In part II, we used QM calculations to study methane stream reforming on a Ni-alloy catalyst surfaces for solid oxide fuel cell (SOFC) application. SOFC has wide fuel adaptability but the coking and sulfur poisoning will reduce its stability. Experimental results suggested that the Ni4Fe alloy improves both its activity and stability compared to pure Ni. To understand the atomistic origin of this, we carried out QM calculations on surface segregation and found that the most stable configuration for Ni4Fe has a Fe atom distribution of (0%, 50%, 25%, 25%, 0%) starting at the bottom layer. We calculated that the binding of C atoms on the Ni4Fe surface is 142.9 Kcal/mol, which is about 10 Kcal/mol weaker compared to the pure Ni surface. This weaker C binding energy is expected to make coke formation less favorable, explaining why Ni4Fe has better coking resistance. This result confirms the experimental observation. The reaction energy barriers for CHx decomposition and C binding on various alloy surface, Ni4X (X=Fe, Co, Mn, and Mo), showed Ni4Fe, Ni4Co, and Fe4Mn all have better coking resistance than pure Ni, but that only Ni4Fe and Fe4Mn have (slightly) improved activity compared to pure Ni.

In part III, we used QM to examine the proton transport in doped perovskite-ceramics. Here we used a 2x2x2 supercell of perovskite with composition Ba8X7M1(OH)1O23 where X=Ce or Zr and M=Y, Gd, or Dy. Thus in each case a 4+ X is replace by a 3+ M plus a proton on one O. Here we predicted the barriers for proton diffusion allowing both includes intra-octahedron and inter-octahedra proton transfer. Without any restriction, we only observed the inter-octahedra proton transfer with similar energy barrier as previous computational work but 0.2 eV higher than experimental result for Y doped zirconate.
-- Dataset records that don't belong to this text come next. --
-- ===== src/Lib.antt =====
-- Verification of the exercises of a UNIX system programming course.
--
-- The programs are independent of one another:
--   buffer/     a buffer cache in the manner of the early UNIX kernels, driven by commands
--   mydhcp/     a DHCP-like address server and its client, over datagrams
--   myftp/      a file transfer server and client, over a byte stream
--   mysh/       a shell; mycp/ a copy command
--   dijkstra/, getargs/, tcpcli/, udpcli/ small exercises
--
-- Base holds what the files share: tests and lists over the native numbers, and the monad `Cmd` of
-- commands over a state, in which C code that goes through pointers is written. Its `fault` is an
-- access through a null pointer, its `out_of_fuel` a loop that was given too few rounds.
--
-- Ring models circular doubly linked lists with a sentinel. A pointer is a number, 0 is NULL, and a
-- node's two pointers are cells of a memory. Ring.Frame, Ring.Insert and Ring.Remove say what a
-- write to a cell does to the lists.
--
-- Buffer models buffer/buffer.c and buffer/blockfunc.c. Buffer.Store holds the fields of
-- `buf_header` and the six flags of the status byte (Buffer.Status), Buffer.Lists the functions on
-- hash queues and free list, Buffer.Block the operations `_getblk`, `_brelse`, `_set_stat` and
-- `_reset_stat`. Function and field names are those of the C code without a leading underscore. The
-- arrays `freelist`, `hash_head` and `buffer` lie at the addresses 1, 2 to 5 and 6 to 17. A block
-- number is a natural number: the commands refuse negative ones before they call these functions.
-- `search_hash` is given one round more than there are buffers, and `_getblk` too, since each
-- `continue` takes a buffer off the free list. Buffer.Show is what `show_buffer`, `show_hash` and
-- `show_free` print, and Buffer.Listing is about it; the messages of the other functions are left
-- out. Buffer.Command is buffer/command.c and the loop of main.c: a line is split by `getargs`, and
-- a command runs on the words; `strtol` is a parameter of the model. Buffer.Lines says that
-- `parse_command` runs the words of the line, CommandSafety and Prompt what that does to the cache.
--
-- Dhcp models mydhcp/. Dhcp.Message is common.h and `get_msg`: a datagram is a list of bytes, and
-- `get_msg` gives no message, one of a wrong length, one whose type or code has no entry in the
-- tables of names that it prints from (`bad_index`), or a message. Dhcp.Counter holds the counters
-- of seconds. Dhcp.Server.Store is the memory of mydhcpserver.c: client records and pool entries
-- are nodes of two rings, each with its sentinel at 1; an access to a record that is not allocated
-- is a fault. Dhcp.Server.Lists, Machine and Loop are the functions on the lists, the table `pstab`
-- with its actions, and the event loop of `main`; Lease says who holds which address, and Relink,
-- Change, Actions and Admission what the functions do to that. What `malloc` returns and which
-- calls of `sendto` succeed are given to the model. The loops take fuel, one round more than the
-- list is long; the two that look for expired counters start again after each timeout and take the
-- rounds that Quiet counts. Weight, Timeouts, Expire, Quiet and Tick are about the passing of time,
-- Handle and Sender about a message, and Rounds puts them together. Dhcp.Server.Config is the start
-- of `main`, with `read_config`, `getargs` and `normalize_path`; the lines that `fgets` gives,
-- `atoi`, `inet_aton`, `realpath` and `getenv` are parameters, and `&addr_pool[n]` has the address
-- n + 2. A round is told how many SIGALRM arrived since the round before read `alarm_flag`: nothing
-- else reads it. BadRelease follows a RELEASE with a wrong field through a round. ConfigArgs,
-- ConfigPool and Start follow a config file into the pool, Finish is about the last loop of `main`,
-- and Main is the whole of it. Dhcp.Client.Machine and Loop are mydhcpclient.c, with the globals as
-- one record, and Diagram its states. Grant, Welcome and Dhcp.Client.Answers are the steps in which
-- a client gets its address, on either side, and Dhcp.Handshake puts the two programs together: the
-- bytes that one gives to `sendto` are what the other's `get_msg` reads. Addresses and ports are
-- numbers that the programs only copy and compare. The set-up of sockets, signals and timers, and
-- the output, are left out.
--
-- Args models `getargs` of getargs/getargs.c, on a memory of characters; Args.Words says what the
-- words of a line are. The loops take one round more than the line has characters.
--
-- Dijkstra.Run is dijkstra/dijkstra.c with its table of costs, and Dijkstra.Paths says what a path
-- is. A node number that may be -1 is an option, and an access to D[-1] ends the run with `none`.
--
-- Ftp models myftp/. Ftp.System is one side of a connection, its `Peer`: the bytes that the other
-- side sent, those that it sent itself, the globals, and the state of its system, whose calls are a
-- parameter; in which pieces bytes arrive is given to the model. Ftp.Message is `send_msg` and the
-- two functions `recv_msg`, Common the rest of common.c, Server myftpd.c, and Client myftpc.c.
-- `send` sends all bytes or fails, file sizes fit an int, and `int pos` of `send_file` faults where
-- it would overflow. Stream, Blocks, Sending and Receiving follow a file through the stream; Get,
-- Put, Stale and LongPath are about commands of both sides. Ftp.Command is the client's
-- `exec_command` with its table and its `getargs`, CommandArgs and CommandLine are about it. The
-- loops over a file take one round more than it has bytes. Sockets, forking, signals, and what is
-- printed are left out.
--
-- Mysh.Token and Mysh.Line model `gettoken` and `parseline` of mysh/parseline.c: the input is the
-- list of the characters to come, a line its blocks. Mysh.Grammar says which lines are accepted.
-- Mysh.Search is `search_path` of mysh/execline.c, with the byte behind the copy of PATH, which the
-- code does not write, as a parameter, and Mysh.FirstDir is about it. Mysh.Exec is `exec_recursive`
-- with the state of the process that runs it: its two descriptors, the pipes, and the children in
-- the order in which they are started; Redirect, Pipeline and Reaped follow a line through it.
-- Mysh.Shell is the rest of execline.c and the loop of main.c, and Session a session of lines.
-- `exec_recursive` is given one round more than the line has blocks. The reading of whole lines,
-- `read_command`, is left out, and so are signals and the terminal's group.
--
-- Mycp.Copy is `main` of mycp/mycp.c, and Mycp.Whole is about what it leaves in the destination;
-- the loop takes one round more than the file has bytes, and a sum in `int pos` that overflows is a
-- fault.
--
-- tcpcli/ and udpcli/ only call the socket library and are not modelled.
pub mod Base
pub mod Ring
pub mod Buffer
pub mod Dhcp
pub mod Args
pub mod Dijkstra
pub mod Ftp
pub mod Mycp
pub mod Mysh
For one restriction in our calculations is that the Odonor-Oacceptor atoms were kept at fixed distances, we found that the barrier difference between cerates/zirconates with various dopants are only 0.02~0.03 eV. To fully address performance one would need to examine proton transfer at grain boundaries, which will require larger scale ReaxFF reactive dynamics for systems with millions of atoms. The QM calculations used here will be used to train the ReaxFF force field.